» Aim of the exercise
Transcribe the listing below only from the line with "(logging ts) h" up to and including the line with "subst (λ k.".

» Records supplied
•••••
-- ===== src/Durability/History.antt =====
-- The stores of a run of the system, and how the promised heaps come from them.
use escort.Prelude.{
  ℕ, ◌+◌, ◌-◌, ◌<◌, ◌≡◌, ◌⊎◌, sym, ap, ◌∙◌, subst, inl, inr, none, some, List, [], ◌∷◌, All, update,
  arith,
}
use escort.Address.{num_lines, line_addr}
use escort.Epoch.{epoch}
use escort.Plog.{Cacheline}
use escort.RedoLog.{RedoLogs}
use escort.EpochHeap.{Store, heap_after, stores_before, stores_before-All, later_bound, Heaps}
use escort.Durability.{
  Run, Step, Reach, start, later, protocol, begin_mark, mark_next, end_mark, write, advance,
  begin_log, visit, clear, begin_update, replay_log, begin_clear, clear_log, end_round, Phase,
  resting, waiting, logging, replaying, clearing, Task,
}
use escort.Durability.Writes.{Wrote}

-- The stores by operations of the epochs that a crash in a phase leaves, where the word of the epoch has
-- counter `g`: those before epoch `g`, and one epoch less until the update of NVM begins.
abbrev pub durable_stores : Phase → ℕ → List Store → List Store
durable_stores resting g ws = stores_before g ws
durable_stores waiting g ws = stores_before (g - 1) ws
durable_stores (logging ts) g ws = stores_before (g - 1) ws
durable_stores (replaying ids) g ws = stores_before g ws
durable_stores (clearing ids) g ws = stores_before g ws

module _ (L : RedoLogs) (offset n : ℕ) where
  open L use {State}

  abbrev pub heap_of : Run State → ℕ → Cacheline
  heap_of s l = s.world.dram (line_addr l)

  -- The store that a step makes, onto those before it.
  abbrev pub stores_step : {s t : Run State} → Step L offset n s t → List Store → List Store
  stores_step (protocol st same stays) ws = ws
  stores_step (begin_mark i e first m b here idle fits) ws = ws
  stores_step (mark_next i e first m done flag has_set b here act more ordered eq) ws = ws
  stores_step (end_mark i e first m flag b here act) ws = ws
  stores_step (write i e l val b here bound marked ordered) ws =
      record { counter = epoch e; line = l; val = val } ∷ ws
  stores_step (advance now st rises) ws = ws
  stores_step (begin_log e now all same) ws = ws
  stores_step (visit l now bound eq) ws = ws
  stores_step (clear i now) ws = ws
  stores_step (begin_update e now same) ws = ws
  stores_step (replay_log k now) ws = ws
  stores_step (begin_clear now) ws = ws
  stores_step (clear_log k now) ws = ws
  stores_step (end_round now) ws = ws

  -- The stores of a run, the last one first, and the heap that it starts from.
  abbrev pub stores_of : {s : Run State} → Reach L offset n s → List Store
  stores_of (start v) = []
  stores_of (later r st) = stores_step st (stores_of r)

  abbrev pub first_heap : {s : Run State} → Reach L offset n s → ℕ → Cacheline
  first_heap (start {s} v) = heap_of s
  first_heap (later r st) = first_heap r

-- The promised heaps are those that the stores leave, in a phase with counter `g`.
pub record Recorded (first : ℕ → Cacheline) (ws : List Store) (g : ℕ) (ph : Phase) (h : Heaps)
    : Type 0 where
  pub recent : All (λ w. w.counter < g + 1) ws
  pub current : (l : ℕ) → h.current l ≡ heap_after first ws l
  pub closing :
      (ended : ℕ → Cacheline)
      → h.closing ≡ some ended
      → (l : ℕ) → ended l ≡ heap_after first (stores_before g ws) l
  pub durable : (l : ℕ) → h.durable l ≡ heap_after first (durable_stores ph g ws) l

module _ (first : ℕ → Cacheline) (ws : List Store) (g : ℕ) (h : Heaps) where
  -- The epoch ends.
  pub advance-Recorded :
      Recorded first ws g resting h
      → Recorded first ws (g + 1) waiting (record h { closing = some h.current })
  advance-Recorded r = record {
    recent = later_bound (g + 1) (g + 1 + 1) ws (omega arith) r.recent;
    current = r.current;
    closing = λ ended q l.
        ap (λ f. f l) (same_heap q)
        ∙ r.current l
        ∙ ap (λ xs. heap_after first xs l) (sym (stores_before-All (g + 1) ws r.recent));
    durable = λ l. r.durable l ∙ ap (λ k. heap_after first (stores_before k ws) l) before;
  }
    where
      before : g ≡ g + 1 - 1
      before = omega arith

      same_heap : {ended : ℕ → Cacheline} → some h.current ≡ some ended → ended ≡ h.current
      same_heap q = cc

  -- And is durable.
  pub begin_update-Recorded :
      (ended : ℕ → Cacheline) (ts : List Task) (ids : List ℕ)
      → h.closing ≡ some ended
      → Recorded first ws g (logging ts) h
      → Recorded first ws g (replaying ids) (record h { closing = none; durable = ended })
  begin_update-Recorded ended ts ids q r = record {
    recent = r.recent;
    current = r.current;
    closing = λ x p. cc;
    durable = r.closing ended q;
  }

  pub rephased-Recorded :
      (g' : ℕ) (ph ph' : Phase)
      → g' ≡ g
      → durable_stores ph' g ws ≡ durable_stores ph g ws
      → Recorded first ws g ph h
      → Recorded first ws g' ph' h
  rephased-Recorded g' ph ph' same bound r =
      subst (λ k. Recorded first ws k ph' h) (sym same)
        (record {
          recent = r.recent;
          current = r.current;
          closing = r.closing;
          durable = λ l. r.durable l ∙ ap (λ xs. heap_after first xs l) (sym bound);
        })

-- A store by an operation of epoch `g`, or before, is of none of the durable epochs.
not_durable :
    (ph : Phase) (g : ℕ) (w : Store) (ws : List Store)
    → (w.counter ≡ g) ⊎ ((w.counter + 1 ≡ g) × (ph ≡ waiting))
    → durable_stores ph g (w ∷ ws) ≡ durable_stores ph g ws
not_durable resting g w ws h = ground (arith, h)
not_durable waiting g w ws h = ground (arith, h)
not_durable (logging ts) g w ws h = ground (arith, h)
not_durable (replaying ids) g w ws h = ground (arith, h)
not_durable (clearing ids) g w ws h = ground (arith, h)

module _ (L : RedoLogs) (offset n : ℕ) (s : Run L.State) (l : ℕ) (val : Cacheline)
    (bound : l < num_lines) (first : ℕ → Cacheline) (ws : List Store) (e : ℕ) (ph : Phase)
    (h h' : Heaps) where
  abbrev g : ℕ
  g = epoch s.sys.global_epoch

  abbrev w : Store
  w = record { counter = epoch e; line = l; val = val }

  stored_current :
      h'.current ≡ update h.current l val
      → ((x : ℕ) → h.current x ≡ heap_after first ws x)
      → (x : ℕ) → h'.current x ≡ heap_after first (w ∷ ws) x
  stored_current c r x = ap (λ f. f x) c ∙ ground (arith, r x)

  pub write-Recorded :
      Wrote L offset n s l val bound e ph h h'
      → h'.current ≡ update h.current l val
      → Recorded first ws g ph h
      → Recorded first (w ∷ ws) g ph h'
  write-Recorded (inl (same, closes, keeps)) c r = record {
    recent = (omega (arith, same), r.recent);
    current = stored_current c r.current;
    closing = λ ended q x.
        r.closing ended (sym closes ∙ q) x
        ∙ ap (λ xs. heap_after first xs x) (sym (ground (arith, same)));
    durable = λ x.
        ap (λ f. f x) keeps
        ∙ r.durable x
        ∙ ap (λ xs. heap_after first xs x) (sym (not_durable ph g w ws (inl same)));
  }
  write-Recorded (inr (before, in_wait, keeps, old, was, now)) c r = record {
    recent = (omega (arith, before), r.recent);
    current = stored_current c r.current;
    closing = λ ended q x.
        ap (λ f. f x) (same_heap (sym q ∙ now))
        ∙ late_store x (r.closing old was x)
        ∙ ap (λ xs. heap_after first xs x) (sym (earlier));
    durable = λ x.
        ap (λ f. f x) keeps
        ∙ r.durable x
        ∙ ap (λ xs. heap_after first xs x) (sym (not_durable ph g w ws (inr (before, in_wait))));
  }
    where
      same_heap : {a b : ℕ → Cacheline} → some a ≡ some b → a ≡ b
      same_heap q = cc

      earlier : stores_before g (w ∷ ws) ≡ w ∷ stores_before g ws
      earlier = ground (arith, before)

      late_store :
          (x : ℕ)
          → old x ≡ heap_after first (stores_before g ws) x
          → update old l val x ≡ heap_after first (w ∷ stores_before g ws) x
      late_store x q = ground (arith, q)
•••••
» Solved exercise
      → Recorded first ws g (logging ts) h
      → Recorded first ws g (replaying ids) (record h { closing = none; durable = ended })
  begin_update-Recorded ended ts ids q r = record {
    recent = r.recent;
    current = r.current;
    closing = λ x p. cc;
    durable = r.closing ended q;
  }

  pub rephased-Recorded :
      (g' : ℕ) (ph ph' : Phase)
      → g' ≡ g
      → durable_stores ph' g ws ≡ durable_stores ph g ws
      → Recorded first ws g ph h
      → Recorded first ws g' ph' h
  rephased-Recorded g' ph ph' same bound r =
      subst (λ k. Recorded first ws k ph' h) (sym same)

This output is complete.